The first rotavirus pancreatitis was published in 2009 in India (24). Considering that rotavirus infection is widespread in the world, it can be thought that there are many cases with pancreatitis that are overlooked in young infants. In a school-age patient reported from our country, it was recently reported that rotavirus-induced pancreatitis was observed after a prolonged abdominal pain complaint (8). In the case reports of 2.5- and 3-year-old patients with diagnosed rotavirus gastroenteritis in our country, lipase levels were found twice and five times higher than the amylase levels and abdominal ultrasonographic examinations were found to be normal. On the 12th and 13th days, amylase and lipase levels returned to normal, and patients recovered without complications (25). In a publication from our country in 2018, seven cases reported in the literature were mentioned. It was observed that all of the cases had diarrhea, vomiting, abdominal pain, and the majority of the cases were between two and five years old. Our cases are also compatible with the literature regarding age groups. In half of the cases, a slightly enlarged pancreatic appearance was detected in the radiological evaluations.

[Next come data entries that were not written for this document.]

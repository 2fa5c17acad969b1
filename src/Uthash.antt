-- ===== src/Uthash.antt =====
-- What the program uses of the header library uthash, whose code is not in the repository.
-- A table is the list of its items in the order in which they were added, which is the order that
-- HASH_ITER follows. HASH_SORT is an interface: any sort that keeps the items and follows the
-- comparison function that it is given.
mod Unique
pub mod Insertion
pub mod Keys
pub use Unique.{sorted_unique}
use mathlib.Core.List.{Perm, Pairwise}
use https_github_com_open_li.Prelude.{
  ℕ, ◌≤◌, ◌≡◌, Bool, Option, none, some, List, [], ◌∷◌, ◌++◌, if◌then◌else◌, ◌==◌, ◌&&◌, true,
  false,
}
use https_github_com_open_li.Prelude.Int.{ℤ, pos, ◌-ℤ◌}

-- HASH_SORT(hh, table, cmp)
pub record Sorter (A : Type 0) : Type 0 where
  pub sort : (A → A → ℤ) → List A → List A
  pub sort-perm : (cmp : A → A → ℤ) (l : List A) → Perm (sort cmp l) l
  -- a comparison function that is the difference of two keys sorts by that key
  pub sort-ascending :
      (cmp : A → A → ℤ) (key : A → ℕ) (l : List A)
      → ((a b : A) → cmp a b ≡ pos (key a) -ℤ pos (key b))
      → Pairwise (λ a b. key a ≤ key b) (sort cmp l)

-- memcmp of two keys of any lengths: uthash compares the lengths first
abbrev pub bytes_eq : List ℕ → List ℕ → Bool
bytes_eq [] [] = true
bytes_eq (x ∷ xs) (y ∷ ys) = (x == y) && bytes_eq xs ys
bytes_eq _ _ = false

-- HASH_FIND, where an item's key is what `same` recognises
unfoldable pub hash_find {ℓ} : {A : Type ℓ} → (A → Bool) → List A → Option A
hash_find same [] = none
hash_find same (x ∷ xs) = if same x then some x else hash_find same xs

-- HASH_ADD_KEYPTR
abbrev pub hash_add {ℓ} : {A : Type ℓ} → A → List A → List A
hash_add x xs = xs ++ x ∷ []

-- HASH_DELETE of the item that HASH_FIND gives
unfoldable pub hash_delete {ℓ} : {A : Type ℓ} → (A → Bool) → List A → List A
hash_delete same [] = []
hash_delete same (x ∷ xs) = if same x then xs else x ∷ hash_delete same xs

IV hydration or IV hydration + ranitidine treatment were given as treatment (23). We administered IV hydration plus ranitidine treatment to our case with more pronounced epigastric pain, and IV hydration treatment to our other case. After the case reports in 2018, we have not encountered any recently reported cases in the literature. The reason for not being encountered maybe since abdominal pain is considered as the prolonged symptom of gastroenteritis and that amylase and lipase levels are not examined, and mild pancreatitis improves without being diagnosed.
In conclusion, rotavirus-induced pancreatitis should be considered among the cause of abdominal pain in rotavirus gastroenteritis, which is common in children, and this should be kept in mind in terms of treatment approach and follow-up.